[Collected data entries]
== Segment start ==

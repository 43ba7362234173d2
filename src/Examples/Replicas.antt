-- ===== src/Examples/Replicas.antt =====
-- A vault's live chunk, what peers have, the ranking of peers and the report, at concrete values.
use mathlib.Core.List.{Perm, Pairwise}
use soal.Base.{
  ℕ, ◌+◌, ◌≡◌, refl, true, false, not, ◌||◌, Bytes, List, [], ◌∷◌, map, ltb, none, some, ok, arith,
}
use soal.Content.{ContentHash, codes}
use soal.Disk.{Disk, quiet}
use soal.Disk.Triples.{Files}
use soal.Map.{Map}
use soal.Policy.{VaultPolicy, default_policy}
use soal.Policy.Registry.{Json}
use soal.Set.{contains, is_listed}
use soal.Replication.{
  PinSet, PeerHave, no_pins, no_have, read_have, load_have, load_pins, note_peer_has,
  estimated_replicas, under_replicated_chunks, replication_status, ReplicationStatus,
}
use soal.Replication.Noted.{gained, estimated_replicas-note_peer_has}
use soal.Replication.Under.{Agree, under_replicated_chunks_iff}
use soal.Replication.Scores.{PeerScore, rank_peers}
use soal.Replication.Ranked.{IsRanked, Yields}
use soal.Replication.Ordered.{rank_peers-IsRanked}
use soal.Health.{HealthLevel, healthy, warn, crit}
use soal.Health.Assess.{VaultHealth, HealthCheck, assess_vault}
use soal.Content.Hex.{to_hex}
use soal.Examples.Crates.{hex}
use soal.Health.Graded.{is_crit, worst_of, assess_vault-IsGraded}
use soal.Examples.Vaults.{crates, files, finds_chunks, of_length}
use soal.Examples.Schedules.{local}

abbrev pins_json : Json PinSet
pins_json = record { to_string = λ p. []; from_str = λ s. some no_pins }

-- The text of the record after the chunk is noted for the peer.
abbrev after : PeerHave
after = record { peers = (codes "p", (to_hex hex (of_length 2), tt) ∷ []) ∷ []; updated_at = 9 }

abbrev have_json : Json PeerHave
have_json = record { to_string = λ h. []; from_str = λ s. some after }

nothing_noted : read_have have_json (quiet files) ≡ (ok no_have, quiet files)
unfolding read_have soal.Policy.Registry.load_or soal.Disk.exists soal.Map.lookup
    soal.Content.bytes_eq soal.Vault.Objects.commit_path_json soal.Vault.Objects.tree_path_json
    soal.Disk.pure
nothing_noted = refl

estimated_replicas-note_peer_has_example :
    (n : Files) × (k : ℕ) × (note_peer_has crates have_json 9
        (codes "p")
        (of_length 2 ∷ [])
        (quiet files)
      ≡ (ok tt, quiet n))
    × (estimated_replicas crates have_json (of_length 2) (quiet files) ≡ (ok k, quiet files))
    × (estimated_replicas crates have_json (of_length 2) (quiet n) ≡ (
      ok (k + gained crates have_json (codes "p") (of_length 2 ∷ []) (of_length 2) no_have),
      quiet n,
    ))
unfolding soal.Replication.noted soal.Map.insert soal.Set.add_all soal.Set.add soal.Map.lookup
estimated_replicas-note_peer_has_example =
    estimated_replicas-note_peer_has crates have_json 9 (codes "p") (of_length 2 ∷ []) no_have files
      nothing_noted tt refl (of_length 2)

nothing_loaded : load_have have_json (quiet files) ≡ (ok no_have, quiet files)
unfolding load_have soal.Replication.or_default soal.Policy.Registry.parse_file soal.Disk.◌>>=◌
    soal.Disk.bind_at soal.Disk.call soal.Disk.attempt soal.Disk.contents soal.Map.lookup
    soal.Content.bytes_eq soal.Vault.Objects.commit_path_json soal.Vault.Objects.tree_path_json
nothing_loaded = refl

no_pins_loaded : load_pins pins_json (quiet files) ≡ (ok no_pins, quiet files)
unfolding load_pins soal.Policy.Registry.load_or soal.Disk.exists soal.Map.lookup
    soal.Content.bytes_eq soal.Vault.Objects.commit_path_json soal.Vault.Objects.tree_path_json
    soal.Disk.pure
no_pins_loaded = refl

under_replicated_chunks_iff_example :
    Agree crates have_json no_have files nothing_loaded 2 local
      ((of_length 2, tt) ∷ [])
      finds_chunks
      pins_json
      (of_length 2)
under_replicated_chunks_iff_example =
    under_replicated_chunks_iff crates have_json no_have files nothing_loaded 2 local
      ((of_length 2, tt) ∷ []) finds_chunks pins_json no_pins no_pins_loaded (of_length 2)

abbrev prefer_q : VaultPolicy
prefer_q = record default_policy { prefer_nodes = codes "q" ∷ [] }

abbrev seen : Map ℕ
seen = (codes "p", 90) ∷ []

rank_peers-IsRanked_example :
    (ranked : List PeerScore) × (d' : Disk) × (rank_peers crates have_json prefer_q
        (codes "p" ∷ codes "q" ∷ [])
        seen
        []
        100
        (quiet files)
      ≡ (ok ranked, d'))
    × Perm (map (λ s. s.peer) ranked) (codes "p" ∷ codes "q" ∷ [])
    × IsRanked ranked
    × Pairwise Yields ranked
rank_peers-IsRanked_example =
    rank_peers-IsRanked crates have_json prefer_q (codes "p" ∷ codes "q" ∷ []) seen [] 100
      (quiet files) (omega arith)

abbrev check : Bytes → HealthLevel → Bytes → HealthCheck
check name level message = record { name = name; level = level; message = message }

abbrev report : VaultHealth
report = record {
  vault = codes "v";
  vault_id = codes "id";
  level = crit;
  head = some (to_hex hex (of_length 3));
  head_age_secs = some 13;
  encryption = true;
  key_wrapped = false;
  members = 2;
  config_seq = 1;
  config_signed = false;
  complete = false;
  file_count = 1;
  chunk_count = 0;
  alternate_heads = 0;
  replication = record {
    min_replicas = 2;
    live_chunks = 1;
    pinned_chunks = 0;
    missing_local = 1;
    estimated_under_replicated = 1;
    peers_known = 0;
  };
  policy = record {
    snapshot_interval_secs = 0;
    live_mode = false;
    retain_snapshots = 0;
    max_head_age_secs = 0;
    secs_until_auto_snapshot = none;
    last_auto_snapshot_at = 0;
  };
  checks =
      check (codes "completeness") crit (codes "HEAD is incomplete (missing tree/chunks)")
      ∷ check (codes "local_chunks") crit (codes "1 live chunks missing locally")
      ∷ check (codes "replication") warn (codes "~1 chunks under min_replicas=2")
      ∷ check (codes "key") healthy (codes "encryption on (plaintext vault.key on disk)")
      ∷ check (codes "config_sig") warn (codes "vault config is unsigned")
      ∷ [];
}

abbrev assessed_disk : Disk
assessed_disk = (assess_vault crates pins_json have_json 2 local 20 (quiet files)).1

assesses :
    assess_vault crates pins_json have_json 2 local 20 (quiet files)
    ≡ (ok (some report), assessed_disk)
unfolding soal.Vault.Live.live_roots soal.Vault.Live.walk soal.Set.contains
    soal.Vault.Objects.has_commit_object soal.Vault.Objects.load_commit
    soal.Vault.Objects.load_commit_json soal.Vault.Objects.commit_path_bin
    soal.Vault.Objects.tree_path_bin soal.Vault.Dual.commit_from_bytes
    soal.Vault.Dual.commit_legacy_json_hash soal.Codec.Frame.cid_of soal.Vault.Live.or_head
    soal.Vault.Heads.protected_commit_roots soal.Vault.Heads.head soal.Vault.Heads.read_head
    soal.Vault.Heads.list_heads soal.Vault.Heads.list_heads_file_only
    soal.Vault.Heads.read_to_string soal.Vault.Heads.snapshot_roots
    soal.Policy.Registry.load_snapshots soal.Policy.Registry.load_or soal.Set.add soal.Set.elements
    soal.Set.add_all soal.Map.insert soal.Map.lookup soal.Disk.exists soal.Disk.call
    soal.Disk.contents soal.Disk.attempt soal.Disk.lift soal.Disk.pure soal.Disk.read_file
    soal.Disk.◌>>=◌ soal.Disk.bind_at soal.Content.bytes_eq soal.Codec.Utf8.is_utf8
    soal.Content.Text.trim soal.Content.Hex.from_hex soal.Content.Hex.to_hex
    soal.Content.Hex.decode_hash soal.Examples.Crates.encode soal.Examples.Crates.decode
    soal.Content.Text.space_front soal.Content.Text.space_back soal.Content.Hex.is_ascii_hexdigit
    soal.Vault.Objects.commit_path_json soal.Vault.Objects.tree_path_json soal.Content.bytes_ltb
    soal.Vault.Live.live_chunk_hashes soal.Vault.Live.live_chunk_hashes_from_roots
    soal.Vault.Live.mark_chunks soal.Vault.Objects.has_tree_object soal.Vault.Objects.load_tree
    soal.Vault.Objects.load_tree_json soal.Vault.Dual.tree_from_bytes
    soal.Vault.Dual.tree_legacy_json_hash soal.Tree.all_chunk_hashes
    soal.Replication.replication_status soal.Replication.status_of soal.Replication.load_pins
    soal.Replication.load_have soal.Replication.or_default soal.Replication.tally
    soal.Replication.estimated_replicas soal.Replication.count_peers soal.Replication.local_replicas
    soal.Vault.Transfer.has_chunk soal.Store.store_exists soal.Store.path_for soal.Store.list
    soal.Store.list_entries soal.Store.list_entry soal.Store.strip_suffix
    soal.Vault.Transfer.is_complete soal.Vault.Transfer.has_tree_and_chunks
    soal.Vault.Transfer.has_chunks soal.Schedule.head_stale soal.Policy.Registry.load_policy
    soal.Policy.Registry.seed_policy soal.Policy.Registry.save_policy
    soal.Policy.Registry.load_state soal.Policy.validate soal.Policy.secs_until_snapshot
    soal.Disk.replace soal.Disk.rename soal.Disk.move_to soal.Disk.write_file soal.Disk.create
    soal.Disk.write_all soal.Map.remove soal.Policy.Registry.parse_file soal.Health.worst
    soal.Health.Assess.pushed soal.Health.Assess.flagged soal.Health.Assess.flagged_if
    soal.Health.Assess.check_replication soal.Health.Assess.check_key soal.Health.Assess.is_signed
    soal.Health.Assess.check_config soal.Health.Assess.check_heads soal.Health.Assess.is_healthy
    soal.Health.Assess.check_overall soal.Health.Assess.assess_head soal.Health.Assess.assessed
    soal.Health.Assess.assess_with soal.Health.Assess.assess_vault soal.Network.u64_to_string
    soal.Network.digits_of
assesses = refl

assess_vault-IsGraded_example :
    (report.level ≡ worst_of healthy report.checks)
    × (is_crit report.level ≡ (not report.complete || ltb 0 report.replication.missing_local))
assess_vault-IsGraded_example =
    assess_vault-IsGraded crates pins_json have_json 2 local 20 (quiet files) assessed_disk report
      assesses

== Segment end ==

- _Your goal_
Search the entries for the string "refl" and copy each line where it occurs.

- _Answer_
  ℕ, ◌+◌, ◌≡◌, refl, true, false, not, ◌||◌, Bytes, List, [], ◌∷◌, map, ltb, none, some, ok, arith,
nothing_noted = refl
      nothing_noted tt refl (of_length 2)
nothing_loaded = refl
no_pins_loaded = refl
assesses = refl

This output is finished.